Source material.

···

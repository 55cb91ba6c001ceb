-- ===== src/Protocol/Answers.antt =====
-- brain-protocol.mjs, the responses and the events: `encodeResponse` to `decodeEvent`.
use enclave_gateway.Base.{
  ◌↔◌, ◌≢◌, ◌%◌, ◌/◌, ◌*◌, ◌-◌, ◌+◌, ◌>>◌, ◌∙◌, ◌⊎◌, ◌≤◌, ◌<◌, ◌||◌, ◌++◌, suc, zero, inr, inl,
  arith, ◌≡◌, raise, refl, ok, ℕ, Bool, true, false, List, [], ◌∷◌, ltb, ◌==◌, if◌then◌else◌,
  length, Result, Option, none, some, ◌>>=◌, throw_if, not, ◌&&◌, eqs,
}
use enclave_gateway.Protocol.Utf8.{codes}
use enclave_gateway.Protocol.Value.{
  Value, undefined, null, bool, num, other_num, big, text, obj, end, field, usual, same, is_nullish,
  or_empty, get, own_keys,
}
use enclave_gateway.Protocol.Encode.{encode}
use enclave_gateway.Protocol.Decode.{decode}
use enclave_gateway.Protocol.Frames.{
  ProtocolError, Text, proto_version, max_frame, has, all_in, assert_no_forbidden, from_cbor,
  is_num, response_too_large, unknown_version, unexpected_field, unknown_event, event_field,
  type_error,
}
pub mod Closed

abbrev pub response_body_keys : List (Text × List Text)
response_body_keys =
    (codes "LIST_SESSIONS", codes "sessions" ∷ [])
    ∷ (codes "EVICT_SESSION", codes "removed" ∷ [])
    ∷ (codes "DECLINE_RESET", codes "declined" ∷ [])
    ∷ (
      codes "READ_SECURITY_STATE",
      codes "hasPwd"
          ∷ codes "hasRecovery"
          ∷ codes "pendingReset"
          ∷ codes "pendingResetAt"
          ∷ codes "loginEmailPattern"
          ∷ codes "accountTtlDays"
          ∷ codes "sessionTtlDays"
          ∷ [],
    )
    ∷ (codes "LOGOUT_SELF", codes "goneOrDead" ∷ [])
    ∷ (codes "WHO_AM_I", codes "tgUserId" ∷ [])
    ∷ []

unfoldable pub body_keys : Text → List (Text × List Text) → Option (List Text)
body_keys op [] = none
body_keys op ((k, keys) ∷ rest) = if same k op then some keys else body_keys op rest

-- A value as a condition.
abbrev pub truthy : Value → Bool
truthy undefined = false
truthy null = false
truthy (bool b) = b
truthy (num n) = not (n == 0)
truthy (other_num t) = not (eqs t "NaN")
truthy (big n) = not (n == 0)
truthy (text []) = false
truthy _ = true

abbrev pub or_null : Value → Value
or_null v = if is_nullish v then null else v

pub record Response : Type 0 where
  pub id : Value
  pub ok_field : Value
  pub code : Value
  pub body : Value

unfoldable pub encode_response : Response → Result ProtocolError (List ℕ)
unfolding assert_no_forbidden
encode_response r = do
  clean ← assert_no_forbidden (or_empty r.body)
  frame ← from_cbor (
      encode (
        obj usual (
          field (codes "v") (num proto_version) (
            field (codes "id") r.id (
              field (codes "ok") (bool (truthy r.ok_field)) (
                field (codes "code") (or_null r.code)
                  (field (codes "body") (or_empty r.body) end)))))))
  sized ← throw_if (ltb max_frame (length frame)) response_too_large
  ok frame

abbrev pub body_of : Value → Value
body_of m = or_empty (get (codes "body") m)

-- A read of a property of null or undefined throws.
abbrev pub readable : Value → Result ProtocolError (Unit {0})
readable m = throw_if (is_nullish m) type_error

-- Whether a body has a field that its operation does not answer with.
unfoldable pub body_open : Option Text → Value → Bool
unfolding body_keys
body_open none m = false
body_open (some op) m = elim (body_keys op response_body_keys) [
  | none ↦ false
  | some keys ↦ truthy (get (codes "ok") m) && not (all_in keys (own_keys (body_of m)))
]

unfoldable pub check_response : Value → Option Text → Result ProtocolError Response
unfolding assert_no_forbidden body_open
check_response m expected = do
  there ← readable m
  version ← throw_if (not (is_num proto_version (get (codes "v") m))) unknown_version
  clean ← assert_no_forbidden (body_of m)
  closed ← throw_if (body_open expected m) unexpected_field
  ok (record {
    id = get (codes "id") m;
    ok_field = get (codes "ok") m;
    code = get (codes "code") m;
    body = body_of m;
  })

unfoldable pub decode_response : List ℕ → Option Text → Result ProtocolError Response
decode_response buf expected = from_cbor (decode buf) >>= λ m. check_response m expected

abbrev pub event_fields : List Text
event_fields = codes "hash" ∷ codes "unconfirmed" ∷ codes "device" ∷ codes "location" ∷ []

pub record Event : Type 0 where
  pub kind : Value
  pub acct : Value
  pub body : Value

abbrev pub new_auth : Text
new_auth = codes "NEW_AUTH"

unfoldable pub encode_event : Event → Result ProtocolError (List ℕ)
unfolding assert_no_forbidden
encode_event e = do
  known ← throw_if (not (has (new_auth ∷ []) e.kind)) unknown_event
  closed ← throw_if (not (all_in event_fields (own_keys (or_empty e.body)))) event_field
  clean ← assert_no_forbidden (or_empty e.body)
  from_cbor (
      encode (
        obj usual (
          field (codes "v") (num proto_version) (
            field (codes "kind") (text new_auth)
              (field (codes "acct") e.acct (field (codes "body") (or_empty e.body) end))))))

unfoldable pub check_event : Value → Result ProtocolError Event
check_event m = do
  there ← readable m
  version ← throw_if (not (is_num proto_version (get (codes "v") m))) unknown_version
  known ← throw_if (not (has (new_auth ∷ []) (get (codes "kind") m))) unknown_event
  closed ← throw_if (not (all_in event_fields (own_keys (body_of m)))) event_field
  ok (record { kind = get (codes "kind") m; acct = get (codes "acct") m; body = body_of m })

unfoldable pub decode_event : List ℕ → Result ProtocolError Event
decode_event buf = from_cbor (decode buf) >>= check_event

···

Action item. Looking at the entries above, how many lines contain the word "length"? Answer with the number alone.

Answer to this exercise. 2